On May 2, 2013, at 9:44 PM, Louis-Pierre Beaumont notifications@github.com wrote:

Thank you Mick for this link. I will have a look at it. I've been reading Titan file system source in my spare times this week. The guys at Tinkaurelius did a wonderfull job, and the code is all documented.

Michael, I do agree with you on the abstraction of the filesystem, and for the new repo too. Do you think we should host it here, at Sepiagroup, or anywhere else?

I've started playing with ESENT, and if I work hard this week-end, I may be able to commit a proof of concept. I'll then adapt it to fit the FS interface. I think in a coupe of weeks, if everything goes well, we will be in a good position to integrate the trans log with the FS.

— Reply to this email directly or view it on GitHub.

Loupi commented 11 years ago

I looked a bit at https://github.com/cosh/fallen-8/blob/master/Fallen-8/Persistency/PersistencyFactory.cs. The way I understand it, it is writing/reading a whole graph at once. I could not find a query language, apart some stuff in algorithms folder. The fact that the whole graph is in memory could maybe explain the performance graph of slide 73.

I'm ok for hosting it on Sepiagroup. Cute fish! There is an expert diver at my job, I'm going to give him this info, I'm sure he is going to like it :)

mickdelaney commented 11 years ago

Henning Rauch told me he's re-writing fallen-8 in c++, but that if any bugs appear in the c# version he'll fix them, so he's still active in the space, might be worth including him in your discussions, probably some cross pollination.

mickdelaney commented 11 years ago

i just sent him an email with this thread, hopefully he'll jump in with some thoughts...

cosh commented 11 years ago

Morning guys!

my name is Henning Rauch. I'm the former head of R&D of sones... so if you got questions concerning that, I can give you answers in any detail. Furthermore I built Fallen-8 after leaving the company.

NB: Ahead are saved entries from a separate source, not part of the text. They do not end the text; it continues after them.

-- ===== src/Rag.antt =====
-- app/rag/retrieval_service.py: how a search for products is narrowed, and relaxed when nothing matches.
--
-- The rows that a query with filters finds, and the search for vectors, are parameters. Decimals,
-- which this part only passes on, are those of the session.
pub mod Relaxation
mod Tests
use makkays_chatbot.Prelude.{
  ℕ, zero, suc, ◌+◌, String, List, [], ◌∷◌, ◌++◌, Bool, true, false, ◌&&◌, ◌||◌, not, Option, none,
  some, is_some, Dict, lookup, length, leb, max, min, concat, strip, ◌==◌, if◌then◌else◌,
}
use makkays_chatbot.Shared.{Uuid}
use makkays_chatbot.Session.Schemas.{Decimal}
use makkays_chatbot.Tools.Schemas.{SessionContext}

-- ConstraintOperator
pub data ConstraintOperator : Type 0 where
  eq gte lte between among not_eq nearest : ConstraintOperator

pub data ConstraintValue : Type 0 where
  numeric : Decimal → ConstraintValue
  textual : String → ConstraintValue

pub record Constraint : Type 0 where
  pub field : String
  pub operator : ConstraintOperator
  pub value : Option ConstraintValue
  pub value_max : Option Decimal
  pub values : Option (List ConstraintValue)
  pub unit : Option String
  pub hard : Bool
  pub source_text : Option String

pub record ExtractedFilters : Type 0 where
  pub brand : Option String
  pub category : Option String
  pub spec_filters : Dict String
  pub doc_type : Option String
  pub use_case : Option String
  pub capacity_requirement : Option Decimal
  pub capacity_unit : Option String
  pub constraints : List Constraint
  pub list_all : Bool

abbrev is_text : Option String → Bool
is_text none = false
is_text (some text) = not (text == "")

abbrev is_filled : {A : Type 0} → List A → Bool
is_filled [] = false
is_filled (x ∷ xs) = true

-- has_product_filters
unfoldable pub has_product_filters : ExtractedFilters → Bool
has_product_filters filters =
    is_text filters.brand
    || is_text filters.category
    || is_filled filters.spec_filters
    || is_text filters.use_case
    || is_some filters.capacity_requirement
    || is_filled filters.constraints

-- _RELAXATION_PRIORITY
abbrev pub relaxation_priority : List String
relaxation_priority =
    "service_life_type" ∷ "sub_category_key" ∷ "product_type_key" ∷ "battery_mode"
    ∷ "form_factor_key" ∷ "chemistry_key" ∷ "technology_key" ∷ "parallel_capable"
    ∷ "max_parallel_units" ∷ "service_life_years" ∷ "power_factor" ∷ "voltage_class_v"
    ∷ "max_discharge_power_kw" ∷ "phase_input_count" ∷ "phase_output_count" ∷ "current_a"
    ∷ "capacity_ah" ∷ "energy_kwh" ∷ "nominal_voltage_vdc" ∷ "series_key" ∷ "capacity_kva" ∷ []

-- _FIELD_LABELS
abbrev pub field_labels : Dict String
field_labels =
    ("capacity_kva", "capacity (kVA)")
    ∷ ("power_factor", "power factor")
    ∷ ("current_a", "current rating")
    ∷ ("phase_input_count", "input phase")
    ∷ ("phase_output_count", "output phase")
    ∷ ("form_factor_key", "form factor")
    ∷ ("battery_mode", "battery configuration")
    ∷ ("parallel_capable", "parallel capability")
    ∷ ("technology_key", "technology")
    ∷ ("voltage_class_v", "voltage class")
    ∷ ("nominal_voltage_vdc", "voltage")
    ∷ ("capacity_ah", "capacity (Ah)")
    ∷ ("energy_kwh", "energy (kWh)")
    ∷ ("chemistry_key", "chemistry")
    ∷ ("series_key", "series")
    ∷ ("max_discharge_power_kw", "max discharge power")
    ∷ ("max_parallel_units", "max parallel units")
    ∷ ("service_life_years", "service life")
    ∷ []

-- The place of a field in the priorities from one on, and zero for one that has none.
abbrev place_in : List String → String → ℕ → ℕ
place_in [] field n = 0
place_in (name ∷ names) field n = if name == field then n else place_in names field (suc n)

unfoldable pub priority : Constraint → ℕ
priority c = place_in relaxation_priority c.field 1

-- list.sort with the priority as its key, which keeps the order of equals.
unfoldable pub insert_sorted : Constraint → List Constraint → List Constraint
unfolding priority
insert_sorted c [] = c ∷ []
insert_sorted c (d ∷ ds) =
    let further = d ∷ insert_sorted c ds in
    if leb (priority c) (priority d) then c ∷ d ∷ ds else further

unfoldable pub sort_constraints : List Constraint → List Constraint
unfolding insert_sorted
sort_constraints [] = []
sort_constraints (c ∷ cs) = insert_sorted c (sort_constraints cs)

module _ (query : ExtractedFilters → List Uuid) where
  -- find_by_filters
  unfoldable pub find_by_filters : ExtractedFilters → Option (List Uuid)
  unfolding has_product_filters
  find_by_filters filters = if has_product_filters filters then some (query filters) else none

  -- What follows one attempt: a result that is not empty ends the loop.
  abbrev pub after_attempt :
      Constraint
      → Option (List Uuid)
      → Option (List Uuid) × Option Constraint
      → Option (List Uuid) × Option Constraint
  after_attempt dropped (some (id ∷ ids)) rest = (some (id ∷ ids), some dropped)
  after_attempt dropped (some []) rest = rest
  after_attempt dropped none rest = rest

  -- One round of the loop of _relax_and_retry, on sorted constraints; `again` runs the rounds after it.
  abbrev pub relax_round :
      ExtractedFilters
      → (List Constraint → Option Constraint → Option (List Uuid) × Option Constraint)
      → List Constraint
      → Option Constraint
      → Option (List Uuid) × Option Constraint
  relax_round filters again [] dropped = (none, dropped)
  relax_round filters again (c ∷ rest) dropped =
      after_attempt c (find_by_filters (record filters { constraints = rest }))
        (again rest (some c))

  -- The loop, which sorts before each attempt; one attempt per constraint.
  unfoldable pub relax_loop :
      ExtractedFilters
      → ℕ
      → List Constraint
      → Option Constraint
      → Option (List Uuid) × Option Constraint
  unfolding sort_constraints find_by_filters
  relax_loop filters zero remaining dropped = (none, dropped)
  relax_loop filters (suc n) remaining dropped =
      relax_round filters (relax_loop filters n) (sort_constraints remaining) dropped

  -- _relax_and_retry
  unfoldable pub relax_and_retry : ExtractedFilters → Option (List Uuid) × Option Constraint
  unfolding relax_loop
  relax_and_retry filters = relax_loop filters (length filters.constraints) filters.constraints none

  -- The candidates of retrieve_products: relaxed when there are none and a constraint is to blame.
  abbrev pub relaxed_if_empty :
      ExtractedFilters → Option (List Uuid) → Option (List Uuid) × Option Constraint
  relaxed_if_empty filters (some []) =
      let relaxed = relax_and_retry filters in
      if is_filled filters.constraints then relaxed else (some [], none)
  relaxed_if_empty filters (some (id ∷ ids)) = (some (id ∷ ids), none)
  relaxed_if_empty filters none = (none, none)

  unfoldable pub candidates : ExtractedFilters → Option (List Uuid) × Option Constraint
  unfolding relax_and_retry find_by_filters
  candidates filters = relaxed_if_empty filters (find_by_filters filters)

-- _product_qdrant_filter: the identifiers that a search is limited to, besides the tenant; `none` is a
-- search of all products.
unfoldable pub product_qdrant_filter : Option (List Uuid) → Option (List Uuid)
product_qdrant_filter none = none
product_qdrant_filter (some []) = none
product_qdrant_filter (some (id ∷ ids)) = some (id ∷ ids)

abbrev label_of : String → Option String → String
label_of field none = field
label_of field (some label) = label

abbrev detail_of : Option String → String
detail_of none = ""
detail_of (some text) = if text == "" then "" else concat (" (" ∷ text ∷ ")" ∷ [])

-- The notice for the model, of the constraint that was dropped last.
unfoldable pub relaxation_notice : Option Constraint → Option String
unfolding lookup
relaxation_notice none = none
relaxation_notice (some dropped) = some (
    concat (
      "No exact match for the requested "
      ∷ label_of dropped.field (lookup dropped.field field_labels)
      ∷ detail_of dropped.source_text
      ∷ " — showing the closest available alternatives instead of an exact match. Say so plainly rather than presenting these as an exact match."
      ∷ []))

abbrev or_text : Option String → String → String
or_text none other = other
or_text (some text) other = if text == "" then other else text

abbrev not_blank : String → Option String
not_blank text = if text == "" then none else some text

-- _query_from_session; `none` is a `RagQueryError`.
unfoldable pub query_from_session : SessionContext → Option String
unfolding strip
query_from_session session = not_blank (
    strip (
      or_text session.facts.product_interest
        (or_text session.conversation_state.last_question session.message)))

-- _bounded_limit, _list_all_limit
unfoldable pub bounded_limit : ℕ → ℕ → ℕ
bounded_limit default_limit max_limit = max 1 (min default_limit max_limit)

unfoldable pub list_all_limit : ℕ → ℕ
list_all_limit limit = max 1 limit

(I'm going to write sth about those two products right now...)

Cheers, Henning.

cosh commented 11 years ago

sones GraphDB: A GraphDB that aimed to kick ass all existing databases :). Well to make a long story short: I didn't worked out that well. It was separated into two parts a community edition and an enterprise edition. The only difference between those was the persistent filesystem. The main features of the sones graphdb were the nice separation of all layers (service, graph, query language and filesystem).

cosh commented 11 years ago

Fallen-8: This project reflects my learnings from the sones GraphDB. Instead of trying to create a "one fits all" solution I created a product for the niche. It's main focus is analytics. Thats why it's in-memory. BUUUT it has some kind of checkpointing functionality. So at any point in time the user is able to create sth like a savegame :). This action should be as fast as possible. I did a lot of consulting in 2012 on this project and developed nice services on top of it.

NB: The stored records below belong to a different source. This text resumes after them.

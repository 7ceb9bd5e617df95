-- ===== src/Client/Calls/Size.antt =====
-- The calls of a client keep the size of its messages.
use libixp.Base.{ℕ, ◌≡◌, Option, none, some, length, ltb, if◌then◌else◌, Bool-cases, inl, inr}
use libixp.Types.{max_welem}
use libixp.Msg.{exception, Result, ok, err}
use libixp.Msg.Fields.{Str}
use libixp.Fcall.Storage.{VariantStorage}
use libixp.Fcall.Retrieve.{get_rwalk}
use libixp.Util.{tokenize}
use libixp.Client.{check_reply}
use libixp.Client.Session.{Session, Call, lift, next, ◌>>=◌}
use libixp.Client.Calls.{
  last_qid, exchange, dofcall, take_fid, put_fid, succeeds, clunk, walked, or_put_fid, walk_names,
  walk,
}

abbrev pub Any : {A : Type 0} → A → Type 0
Any a = Unit {0}

module _ {S : Type 0} (msize : ℕ) where
  -- A call that keeps _msize, and whose result, where it returns, is one of Q.
  abbrev pub Gives : {A : Type 0} → (A → Type 0) → Result A × Session S → Type 0
  Gives Q (ok a, c) = (c.msize ≡ msize) × Q a
  Gives Q (err e, c) = Unit {0}

  next-Gives :
      {A B : Type 0} (P : A → Type 0) (Q : B → Type 0) (f : A → Call S B) (x : Result A × Session S)
      → Gives P x
      → ((a : A) (c : Session S) → c.msize ≡ msize → P a → Gives Q (f a c))
      → Gives Q (next f x)
  next-Gives P Q f (ok a, c) h k = k a c h.0 h.1
  next-Gives P Q f (err e, c) h k = tt

  pub Gives-bind :
      {A B : Type 0} (P : A → Type 0) (Q : B → Type 0) (m : Call S A) (f : A → Call S B)
      (c : Session S)
      → Gives P (m c)
      → ((a : A) (c : Session S) → c.msize ≡ msize → P a → Gives Q (f a c))
      → Gives Q ((m >>= f) c)
  unfolding ◌>>=◌
  Gives-bind P Q m f c h k = next-Gives P Q f (m c) h k

  pub Gives-lift :
      {A : Type 0} (r : Result A) (c : Session S) → c.msize ≡ msize → Gives Any (lift r c)
  Gives-lift (ok a) c e = (e, tt)
  Gives-lift (err x) c e = tt

  module _ (muxrpc : VariantStorage → S → Result (Option VariantStorage) × S) (junk : ℕ) where
    pub dofcall-Gives :
        (request : VariantStorage) (c : Session S)
        → c.msize ≡ msize
        → Gives Any (dofcall muxrpc junk request c)
    unfolding dofcall exchange
    dofcall-Gives request c e =
        Gives-bind Any Any (exchange muxrpc junk request) _ c
          (Gives-lift (muxrpc request c.world).0 (record c { world = (muxrpc request c.world).1 })
            e)
          (λ ret c' e' _. Gives-lift (check_reply request ret) c' e')

    succeeds-Gives :
        (request : VariantStorage) (c : Session S)
        → c.msize ≡ msize
        → Gives Any (succeeds muxrpc junk request c)
    unfolding succeeds
    succeeds-Gives request c e =
        Gives-bind Any Any (dofcall muxrpc junk request) _ c (dofcall-Gives request c e)
          (λ ret c' e' _. (e', tt))

    pub clunk-Gives : (f : ℕ) (c : Session S) → c.msize ≡ msize → Gives Any (clunk muxrpc junk f c)
    unfolding clunk put_fid
    clunk-Gives f c e =
        Gives-bind Any Any (succeeds muxrpc junk _) _ c (succeeds-Gives _ c e)
          (λ b c' e' _. (e', tt))

    walked-Gives :
        (n f : ℕ) (reply : VariantStorage) (c : Session S)
        → c.msize ≡ msize
        → Gives Any (walked muxrpc junk n f reply c)
    unfolding walked
    walked-Gives n f reply c e =
        Gives-bind Any Any (lift (get_rwalk reply)) _ c (Gives-lift (get_rwalk reply) c e)
          (λ w c' e' _.
            Gives-bind Any Any (lift (if ltb w.size n then err exception else last_qid n w.wqid)) _
              c' (Gives-lift _ c' e') (λ q c'' e'' _. (e'', tt)))

    walk_reply-Gives :
        (n f : ℕ) (ret : Option VariantStorage) (c : Session S)
        → c.msize ≡ msize
        → Gives Any (or_put_fid muxrpc junk f ret (walked muxrpc junk n f) c)
    unfolding or_put_fid put_fid
    walk_reply-Gives n f none c e =
        Gives-bind Any Any (put_fid muxrpc junk f) _ c (e, tt) (λ u c' e' _. (e', tt))
    walk_reply-Gives n f (some reply) c e = walked-Gives n f reply c e

    pub walk-Gives :
        (path : Str) (c : Session S) → c.msize ≡ msize → Gives Any (walk muxrpc junk path c)
    unfolding walk walk_names take_fid
    walk-Gives path c e = elim (Bool-cases (ltb max_welem (length (tokenize path b'/')))) [
      | inl long ↦ rw long tt
      | inr short ↦ rw short (
          Gives-bind Any Any (take_fid muxrpc junk) _ c (e, tt)
            (λ f c' e' _.
              Gives-bind Any Any (dofcall muxrpc junk _) _ c' (dofcall-Gives _ c' e')
                (λ ret c'' e'' _. walk_reply-Gives _ f ret c'' e'')))
    ]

cosh commented 11 years ago

The new Fallen-8: It's written in C++ and will be visible soon. I decided to use MIT license again. It will be faster, consume even less memory and would support some other nice features. For me that's the next baby step towards a distributed in-memory graphdatabase. This is my ultimate goal and everything will be as free as possible.

cosh commented 11 years ago

@Loupi concerning persistency: you are absolutely right. It's totally in-memory. No evil caching. The benchmarks you are referring to used the "strong caches" of neo4j. So I tried to have everything in memory there too. BUT the numbers are saying that caching is not the same as in-memory (cpt. obvious :) )

cosh commented 11 years ago

@SepiaGroup Is it true? Yes it is. The numbers of traversals per second are still growing. I convinced some companies to use it and they are really happy with it. But I need to repeat it: It's focus is analytics, so be sure to use sth persistent underneath and create a fast ETL job.

yojimbo87 commented 11 years ago

@cosh Hi Henning, is speed and memory consumption the only reason why you rebuilt the fallen-8 in C++ or are there also other factors? What are your thoughts on creating a graph database on top of some fast K/V store like redis for example?

cosh commented 11 years ago

@yojimbo87 Hi. Those were the main reasons for me. The architecture of the new F8 will go in the same direction as you described. One difference: I'm not going to use redis. I'm using my own in-memory column store which is in my opinion perfect for my requirements. Besides that, I would like to use other low level libs which allow me to do RDMA to extend F8 to more than node.

Loupi commented 11 years ago

Hi Cosh, nice to meet you. I really appreciate your presence here. I like how sones abstracts all layers of a graph DB system. Also, by looking at sone's source I discovered about Irony, which looks very interesting. I see that sones has GraphQL plugins too. It is great and educative to see different ways of implementing a query language in a Graph DB (comparing with Gremlin here).

I'm curious about the enterprise version of sones: how does it store the graph on disk?

I'm tempted to implement a blueprints-fallen-8-graph with Frontenac. What do you think about it?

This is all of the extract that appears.